Pearsonbot is a project mainly written in JAVASCRIPT and PYTHON, it's free.
PearsonBot is small data application that helps you visualize and test simple categorical associations.
Among the many flavors of data we collect at Mozilla, we often found ourselves wondering how to quickly analyze categorical data from surveys and other sources.
This repository comes with a small sqlite3 database with a number of survey and usage features from Test Pilot. You can run the app locally by running
python contingency.py
and going to http://127.0.0.1:5000.
We also have a fake data representation, but frankly that's not really useful anymore.
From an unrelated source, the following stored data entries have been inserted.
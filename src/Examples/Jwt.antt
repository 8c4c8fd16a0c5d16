-- ===== src/Examples/Jwt.antt =====
-- A JWT library that writes the claims behind the secret, and a UUID library that writes an id as one
-- number. All dates count as whole.
use flow_cast.Base.{
  subst, text_eq_iff, ltb_ℤ, leb_ℤ, ltb_ℤ_iff, leb_ℤ_iff, OneOf, ap, ◌∙◌, ◌≢◌, ◌↔◌, Bool, true,
  false, not, ◌&&◌, ◌||◌, arith, text_eq, text_eq_refl, Time, if◌then◌else◌, Uuid, ◌≡◌, refl,
  Option, none, some, List, [], ◌∷◌, Text,
}
use flow_cast.Auth.Tokens.Library.{
  ParserOptions, ParseOutcome, valid, expired, rejected, Unexpired, Started, Meets, JwtLib, Claims,
  UuidLib,
}
use flow_cast.Examples.Codec.{Codec, number_codec, list_codec, time_codec, option_codec, pair_codec}

abbrev parse_id : Text → Option Uuid
parse_id (u ∷ []) = some u
parse_id _ = none

abbrev pub example_uuids : UuidLib
example_uuids = record { to_string = λ u. u ∷ []; parse = parse_id; parse-to_string = λ u. refl }

abbrev Tuple : Type 0
Tuple =
    ((Text × Text) × (List Text × Text))
    × ((Option Time × (Option Time × Option Time)) × (Uuid × Text))

abbrev tuple_codec : Codec Tuple
tuple_codec =
    let text = list_codec number_codec in
    let date = option_codec time_codec in
    pair_codec (pair_codec (pair_codec text text) (pair_codec (list_codec text) text))
      (pair_codec (pair_codec date (pair_codec date date)) (pair_codec number_codec text))

abbrev tuple_of : Claims → Tuple
tuple_of c = (
  ((c.subject, c.issuer), (c.audience, c.id)),
  ((c.issued_at, (c.not_before, c.expires_at)), (c.team_id, c.kind)),
)

abbrev claims_of : Tuple → Claims
claims_of (((s, i), (a, j)), ((t, (n, e)), (m, k))) = record {
  subject = s;
  issuer = i;
  audience = a;
  id = j;
  issued_at = t;
  not_before = n;
  expires_at = e;
  team_id = m;
  kind = k;
}

unfoldable pub encode : Text → Claims → Text
encode secret c = (list_codec number_codec).put secret (tuple_codec.put (tuple_of c) [])

unfoldable pub finished : Option (Tuple × Text) → Option Claims
finished none = none
finished (some (t, _)) = some (claims_of t)

unfoldable pub signed_with : Text → Option (Text × Text) → Option Claims
signed_with secret none = none
signed_with secret (some (written, rest)) =
    if text_eq written secret then finished (tuple_codec.get rest) else none

unfoldable pub decode : Text → Text → Option Claims
decode secret raw = signed_with secret ((list_codec number_codec).get raw)

signed_with-good :
    (secret rest : Text)
    → signed_with secret (some (secret, rest)) ≡ finished (tuple_codec.get rest)
unfolding signed_with
signed_with-good secret rest = rw (text_eq_refl secret)

pub decode-encode : (secret : Text) (c : Claims) → decode secret (encode secret c) ≡ some c
unfolding decode encode finished
decode-encode secret c =
    ap (signed_with secret)
      ((list_codec number_codec).get-put secret (tuple_codec.put (tuple_of c) []))
    ∙ (signed_with-good secret (tuple_codec.put (tuple_of c) [])
        ∙ ap finished (tuple_codec.get-put (tuple_of c) []))

-- The checks of the parser on registered claims.
abbrev one_of : Text → List Text → Bool
one_of t [] = false
one_of t (u ∷ us) = text_eq t u || one_of t us

abbrev is_started : Time → Option Time → Bool
is_started now none = true
is_started now (some t) = leb_ℤ t now

abbrev is_unexpired : ParserOptions → Option Time → Bool
is_unexpired o none = not o.expiration_required
is_unexpired o (some t) = ltb_ℤ o.now t

unfoldable pub meets : ParserOptions → Claims → Bool
meets o c =
    text_eq c.issuer o.issuer
    && (one_of o.audience c.audience
        && (is_unexpired o c.expires_at && is_started o.now c.not_before))

one_of_iff : (t : Text) (us : List Text) → (one_of t us ≡ true) ↔ OneOf t us
one_of_iff t [] = ground arith
one_of_iff t (u ∷ us) = ground (arith, one_of_iff t us, text_eq_iff t u)

start_past_iff : (now : Time) (o : Option Time) → (is_started now o ≡ true) ↔ Started now o
start_past_iff now none = ground arith
start_past_iff now (some t) = ground (arith, leb_ℤ_iff t now)

end_ahead_iff :
    (o : ParserOptions) (e : Option Time)
    → (is_unexpired o e ≡ true) ↔ ((o.expiration_required ≡ true → e ≢ none) × Unexpired o.now e)
end_ahead_iff o none = ground arith
end_ahead_iff o (some t) = ground (arith, ltb_ℤ_iff o.now t)

meets_iff : (o : ParserOptions) (c : Claims) → (meets o c ≡ true) ↔ Meets o c
unfolding meets
meets_iff o c = ground (
  arith,
  text_eq_iff c.issuer o.issuer,
  one_of_iff o.audience c.audience,
  start_past_iff o.now c.not_before,
  end_ahead_iff o c.expires_at,
)

unfoldable pub judge : ParserOptions → Option Claims → ParseOutcome
judge o none = rejected
judge o (some c) =
    if meets o c then valid c else if is_unexpired o c.expires_at then rejected else expired

pub judge-valid :
    (o : ParserOptions) (m : Option Claims) (c : Claims)
    → judge o m ≡ valid c
    → (m ≡ some c) × Meets o c
unfolding judge
judge-valid o none c h = cc
judge-valid o (some d) c h = ground (arith, meets_iff o d)

pub judge-Meets : (o : ParserOptions) (c : Claims) → Meets o c → judge o (some c) ≡ valid c
unfolding judge
judge-Meets o c h = ground (arith, meets_iff o c)

pub example_signed :
    (o : ParserOptions) (secret raw : Text) (c : Claims)
    → some (encode secret c) ≡ some raw
    → Meets o c
    → judge o (decode secret raw) ≡ valid c
example_signed o secret raw c s h =
    let same : encode secret c ≡ raw = cc s in
    subst (λ t. judge o (decode secret t) ≡ valid c) same
      (ap (judge o) (decode-encode secret c) ∙ judge-Meets o c h)

pub example_same :
    (o p : ParserOptions) (m : Option Claims) (c d : Claims)
    → judge o m ≡ valid c
    → judge p m ≡ valid d
    → c ≡ d
example_same o p m c d h k = cc ((judge-valid o m c h).0, (judge-valid p m d k).0)

abbrev pub example_jwt : JwtLib
example_jwt = record {
  numeric_date = λ t. t;
  signed_string = λ alg secret c. some (encode secret c);
  parse_with_claims = λ o secret raw. judge o (decode secret raw);
  numeric_date-le = λ t. omega arith;
  numeric_date_idem = λ t. refl;
  valid-Meets = λ o secret raw c h. (judge-valid o (decode secret raw) c h).1;
  signed-valid = λ o alg secret raw c s m w h. example_signed o secret raw c s h;
  valid_same = λ o now secret raw c d h k.
      example_same o (record o { now = now }) (decode secret raw) c d h k;
}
To pre-load it with fake data, run from the command line
python; from contingency import init_db, test_data; init_db(); test_data()
The sqlite database setup we use is not the most elegant, but it works. You will need two tables:
CREATE TABLE contingency(lid1 INT, lid2 INT, count INT);
CREATE TABLE responses(gid INT, lid INT, gname TEXT, lname TEXT);
responses
is the table that contains all the labeling for the features. The gname
column is the group name,
while the lname
column is the label name. For instance for the os
group, we might have mac
, windows
, and linux
.
The gid
is a simple id for each group, while the lid
is a simple (unique) id for each label. For instance, a table might look like
gid lid gname lname
__________________________________________
2 2 Firefox usage < 3 months
2 3 Firefox usage 3 to 6 months
2 4 Firefox usage 6 months to a year
2 5 Firefox usage 1 to 2 years
2 6 Firefox usage 2 to 3 years
2 7 Firefox usage 3 to 5 years
2 8 Firefox usage > 5 years
3 9 Gender Male
3 10 Gender Female
contingency
is a table that contains all the counts for the co-occurrences. The table typically looks like this:
lid1 lid2 count
_________________________
6 10 3042
6 9 6353
10 6 3042
9 6 6353
Notice that both combinations of the label ids are in each table. Seems unnecessary, but frankly the size of this database tends to be very small, so this kind of duplication isn't a burden.
We're hoping to write some simple scripts that will turn a csv of survey data (as well as a yaml file specifying the order of labels, if that is necessary for userss) and outputs a simple db, ready to be used with the web app.